Marina Konopleva, MD

Investigators are hopeful that idasanutlin, a novel small molecule that targets the MDM2 protein, can improve the efficacy of chemotherapy in patients with relapsed/refractory acute myeloid leukemia (AML). This agent is being tested in combination with cytarabine, which is commonly used as a first or second salvage therapy in this patient population.

“Relapsed AML is a difficult disease to tackle, especially because salvage therapy response rates drop from about 75% in newly diagnosed patients to 40% in the first salvage population and the second salvage population [has response rates of] about 15% to 20%, so it’s hard to cure anybody at this stage,” said Marina Y. Konopleva, MD, PhD, professor in the Department of Leukemia at The University of Texas MD Anderson Cancer Center in Houston.

Figure. Idasanutlin With Cytarabine in Relapsed/Refractory AML

The international phase III MIRROS clinical trial (NCT02545283) is currently enrolling patients with relapsed/refractory AML, according to Konopleva, who is the principal investigator at MD Anderson. Participants must have experienced 1 or 2 relapses. They also must have received no more than 2 prior induction regimens, and 1 or both must have included cytarabine with an anthracycline. Those who qualify will be randomized to either idasanutlin with cytarabine or cytarabine with a placebo (Figure).Notably, the primary endpoint is overall survival (OS) and will be assessed in a subset of the patient population with TP53 wild type, with OS in the overall population as a secondary endpoint. Assessing the TP53 wild-type population as the primary endpoint is important because idasanutlin’s mechanism of action depends on p53, which is encoded by TP53.

Idasanutlin inhibits the MDM2 protein, which degrades p53, a known tumor growth suppressor, Konopleva said. The drug binds to MDM2 to prevent the interaction between the 2 proteins, resulting in the continued activation of p53 and tumor-cell apoptosis.1

“Patients who have high [expression of] MDM2 will have degraded p53, which means there are very low levels of active p53 available for any active function, and they may not be able to respond to chemotherapy,” Konopleva said. Patients with a TP53 gene mutation generally do not have the functional p53 protein, but they will not be excluded from the MIRROS study.

Idasanutlin has previously demonstrated efficacy in combination with cytarabine in a phase Ib study to determine the appropriate dosage. Seventy-five patients with AML were treated with the combination, and results included 6 complete responses (CRs) in the dose escalation arm (n = 23), 5 CRs in the subsequent expansion cohort (n = 21), and 8 CRs in a bridging arm to determine the safety and pharmacokinetics of a spray-dried powder formulation of idasanutlin (n = 32).2 According to Konopleva, the objective response rate was 33% and responses tended to be durable, with a median duration of response of about 6.4 months (range, 1.1-11.9).

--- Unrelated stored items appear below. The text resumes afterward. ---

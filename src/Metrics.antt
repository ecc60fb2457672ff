-- ===== src/Metrics.antt =====
-- The counters of a service (internal/metrics/prometheus.go). They are the Prometheus library's and a
-- parameter.
pub mod Counting
use vkr_public.Base.{ℕ, ◌+◌, String, ◌≡◌, ◌≢◌}

-- The labels of requests_total.
pub record Labels : Type 0 where
  pub method : String
  pub path : String
  pub status : String

-- A vector of counters: Inc raises the one with the labels by 1.
pub record CounterVec (C : Type 0) : Type 0 where
  pub inc : C → Labels → C
  pub value : C → Labels → ℕ
  pub value-inc_self : (c : C) (l : Labels) → value (inc c l) l ≡ value c l + 1
  pub value-inc_other : (c : C) (l k : Labels) → l ≢ k → value (inc c l) k ≡ value c k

Secondary endpoints included complete remission, complete remission with incomplete platelet (CRp) or hematologic recovery (Cri), and composite complete remission (CRc, CR + CRp + Cri). Five of 22 patients with AML who achieved a CRc (23%) proceeded to hematopoietic stem cell transplant after the therapy. These data demonstrated that idasanutlin with cytarabine is a promising combination therapy for patients with relapsed/refractory AML, the investigators said.2

No statistically significant association between TP53 mutation status and response was seen in the phase Ib study, but there was a trend suggesting TP53 mutation status was a negative predictive biomarker (P = .08). MDM2 protein expression displayed a pronounced association with CRc when analyses were restricted to patients with TP53 wild type only (P = .0021).2

“Clinically, the bigger problem is the TP53- mutant population, because there’s no approved drug there, and the gene is essential to have the chemotherapy work,” Konopleva said. “In the wild-type TP53 population, once [patients] relapse, there are not many drugs approved for second salvage, and for first salvage, you can still try chemotherapy. But if the treatment duration is too short, then there isn’t as much time for the chemotherapy to work.”

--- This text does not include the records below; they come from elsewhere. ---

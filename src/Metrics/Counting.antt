-- ===== src/Metrics/Counting.antt =====
-- What a vector of counters has counted.
use vkr_public.Base.{
  both, ℕ, ◌+◌, ◌≡◌, refl, ap, inl, inr, Bool, true, false, List, [], ◌∷◌, ◌==◌, ◌&&◌, arith,
  eq_iff, eq_refl, Bool-cases, if◌then◌else◌,
}
use vkr_public.Metrics.{Labels, CounterVec}

abbrev pub same_labels : Labels → Labels → Bool
same_labels l k = l.method == k.method && (l.path == k.path && l.status == k.status)

pub same_labels_eq : (l k : Labels) → same_labels l k ≡ true → l ≡ k
same_labels_eq l k h =
    let (m, others) = both (l.method == k.method) _ h in
    let (p, s) = both (l.path == k.path) (l.status == k.status) others in
    cc ((eq_iff l.method k.method).0 m, (eq_iff l.path k.path).0 p, (eq_iff l.status k.status).0 s)

pub same_labels_refl : (l : Labels) → same_labels l l ≡ true
same_labels_refl l = rw (eq_refl l.method, eq_refl l.path, eq_refl l.status) refl

pub count_step :
    (b : Bool) (before now after n : ℕ)
    → now ≡ (if b then before + 1 else before)
    → after ≡ now + n
    → after ≡ before + (if b then n + 1 else n)
count_step true before now after n e h = omega arith
count_step false before now after n e h = omega arith

-- How often the labels come.
abbrev pub times_seen : Labels → List Labels → ℕ
times_seen k [] = 0
times_seen k (l ∷ ls) =
    let others = times_seen k ls in if same_labels l k then others + 1 else others

module _ {C : Type 0} (counters : CounterVec C) where
  pub value-inc :
      (c : C) (l k : Labels)
      → counters.value (counters.inc c l) k
        ≡ (if same_labels l k then counters.value c k + 1 else counters.value c k)
  value-inc c l k = elim (Bool-cases (same_labels l k)) [
    | inl same ↦ rw (same, same_labels_eq l k same) (counters.value-inc_self c k)
    | inr other ↦ rw other (
        counters.value-inc_other c l k
          (λ e. cc (other, ap (λ x. same_labels x k) e, same_labels_refl k)))
  ]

The main adverse event (AE) shown in the phase Ib study for idasanutlin was gastrointestinal toxicity in the form of diarrhea, which was generally manageable and increased with higher dosage.2 Konopleva said that based on AEs noted in other studies of idasanutlin in solid tumors, myelosuppression is expected to occur in the phase III trial.

Konopleva is hopeful that if idasanutlin and cytarabine yield a higher response rate in the MIRROS study than cytarabine alone, the combination could become a standard of care for patients with AML with TP53 wild type as first or second salvage therapy.

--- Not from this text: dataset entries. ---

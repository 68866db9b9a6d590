-- ===== src/Dvr/Protocol/Samples.antt =====
-- The order of the calls in a run of the recorder: a start, a frame that comes, and two turns.
use amldigital_fpv.Prelude.{◌≡◌, ◌≢◌, refl, true, [], ◌∷◌, some}
use amldigital_fpv.Dvr.State.{new, start_recording, enqueue_frame, push_command, Recorder}
use amldigital_fpv.Dvr.World.{
  file_opened, file_closed, mux_opened, writer_init, mux_closed, writer_closed, nal_written,
  status_ok,
}
use amldigital_fpv.Dvr.System.{Reach, here, next, starts, works, frames}
use amldigital_fpv.Dvr.Worker.{work, take_command}
use amldigital_fpv.Dvr.Samples.{whole, working, fresh}
use amldigital_fpv.Dvr.Protocol.{disk, after_effect, closed, misused, IsInOrder}
use amldigital_fpv.Dvr.Protocol.Reached.{Reach-new-IsInOrder}

abbrev asked : Recorder
asked = start_recording (new true)

abbrev recording : Recorder
recording = enqueue_frame (some (1 ∷ 2 ∷ [])) (work whole working asked).1

abbrev last : Recorder
last = (work whole working recording).1

asked-goes_on : (work whole working asked).0 ≡ true
unfolding work take_command start_recording push_command new
asked-goes_on = refl

a_run :
    Reach whole working fresh (record { recorder = last; alive = (work whole working recording).0 })
a_run =
    next (next (next (next here (starts fresh)) (works _ refl)) (frames _ (some (1 ∷ 2 ∷ []))))
      (works _ asked-goes_on)

Reach-new-IsInOrder_example : IsInOrder last × (disk last.history ≢ misused)
Reach-new-IsInOrder_example = Reach-new-IsInOrder whole working true [] last.history a_run refl

-- A file that is closed before its muxer is out of order.
file_first :
    disk (
      file_closed 7
      ∷ nal_written (1 ∷ []) 1500 status_ok
      ∷ writer_init 9
      ∷ mux_opened 9
      ∷ file_opened 7
      ∷ [])
    ≡ misused
unfolding disk after_effect
file_first = refl

muxer_first :
    disk (
      file_closed 7
      ∷ writer_closed
      ∷ mux_closed 9
      ∷ nal_written (1 ∷ []) 1500 status_ok
      ∷ writer_init 9
      ∷ mux_opened 9
      ∷ file_opened 7
      ∷ [])
    ≡ closed
unfolding disk after_effect
muxer_first = refl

Idasanutlin is being developed by Roche, based in Basel, Switzerland, and Genentech, based in San Francisco, California.

References

  1. Idasanutlin. Genentech website. biooncology.com/pipeline-molecules/idasanutlin.html. Accessed June 4, 2018.
  2. Martinelli G, Pappayannidis C, Yee K, et al. Phase 1b results of idasanutlin + cstarabine (ara-C) in acute myeloid leukemia (AML) patients (pts). Presented at: 21st Congress of the European Hematology Association; June 3-7, 2016; Copenhagen, Denmark. Abstract S504. learningcenter. ehaweb.org/eha/2016/21st/135260/cristina.pappayannidis. phase.1b.results.of.idasanutlin.2B.cytarabine.28ara-c29.in.html.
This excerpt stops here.